━━━━━ Study material
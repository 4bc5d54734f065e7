-- ===== src/Plugin/Tests/Commands.antt =====
-- A delay of two minutes, the scores of a server's backends, and the commands that are typed.
use rms_gate.Base.{
  ℕ, String, ◌≡◌, refl, Bool, true, ◌&&◌, ◌||◌, none, some, List, [], ◌∷◌, leb, ◌==◌, get_elem?,
  pos, str_eq, lookup, codes,
}
use rms_gate.Float64.Fixed.{fixed}
use rms_gate.LoadBalancer.Backend.{Backend, fresh_backend}
use rms_gate.LoadBalancer.Strategy.{
  Environment, health_score, refs_from, filter_available, health_score_of,
}
use rms_gate.LoadBalancer.Server.{ServerInfo}
use rms_gate.LoadBalancer.HealthCheck.{HealthCheckConfig}
use rms_gate.LoadBalancer.Registry.{LoadBalancer, get_server}
use rms_gate.DynamicServer.{new_manager}
use rms_gate.Plugin.Commands.{Report, cmd_lb_status}
use rms_gate.Plugin.Commands.Shown.{cmd_lb_status-score}
use rms_gate.Plugin.Routes.{Plugin, ArgumentType, string_argument}
use rms_gate.Plugin.Routes.Typing.{RunsAll, first_path, first_path-Follows, typed_commands}
use rms_gate.Plugin.Tests.{dynamic}

abbrev backend : String → Backend
backend addr = fresh_backend addr (pos 0) (pos 20)

abbrev server : ServerInfo fixed.Float
server = record {
  name = "lobby";
  backends = backend "a" ∷ backend "b" ∷ backend "c" ∷ [];
  strategy = health_score;
  jitter_threshold = fixed.decimal 5 1;
  dial_timeout = pos 5;
  unhealthy_after_failures = pos 3;
  default_addr = none;
}

abbrev checks : HealthCheckConfig fixed.Float
checks = record {
  interval_seconds = pos 5;
  window_size = pos 20;
  unhealthy_after_failures = pos 3;
  healthy_after_successes = pos 3;
  jitter_threshold = fixed.decimal 5 1;
  dial_timeout_seconds = pos 5;
}

abbrev balancer : LoadBalancer fixed.Float (List String)
balancer = record { health_check = checks; servers = ("lobby", server) ∷ []; proxy = "lobby" ∷ [] }

abbrev env : Environment fixed.Float
env = record { history = none; period = 0; draw = none }

cmd_lb_status-score_example :
    (r : Report fixed.Float) × (get_elem? (cmd_lb_status fixed none 0 (some balancer) "lobby").1 1
      ≡ some r)
    × (r.about.stats_addr ≡ "b")
    × (r.score
        ≡ health_score_of fixed env (filter_available (refs_from 0 server.backends)) (backend "b"))
unfolding get_server lookup str_eq
cmd_lb_status-score_example =
    cmd_lb_status-score fixed env balancer "lobby" server (backend "a" ∷ []) (backend "c" ∷ [])
      (backend "b") refl refl (refl, tt)

abbrev plugin : Plugin fixed (List String)
plugin = record {
  dynamic_config = dynamic;
  now = pos 1_700_000_000_000;
  instant = pos 0;
  history = none;
  period = 0;
  dynamic_server = some new_manager;
  load_balancer = some balancer;
}

-- Letters, digits and "_-.+", which need no quotes.
abbrev plain : ℕ → Bool
plain c =
    (leb b'0' c && leb c b'9')
    || (leb b'a' c && leb c b'z')
    || (leb b'A' c && leb c b'Z')
    || (c == b'_')
    || (c == b'-')
    || (c == b'.')
    || (c == b'+')

all_plain : List ℕ → Bool
all_plain [] = true
all_plain (c ∷ cs) = plain c && all_plain cs

abbrev unquoted : ArgumentType → String → Bool
unquoted string_argument t = all_plain (codes t)

typed_commands_example : RunsAll fixed (first_path unquoted) plugin "creative" "2m"
unfolding all_plain
typed_commands_example =
    typed_commands fixed (first_path unquoted) (first_path-Follows unquoted) plugin "creative" "2m"
      refl refl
━━━━━━━━━━
### [Work to be completed]
Using the data above, tally each line in which "abbrev" appears and give the number with no other words.

### [The answer]
8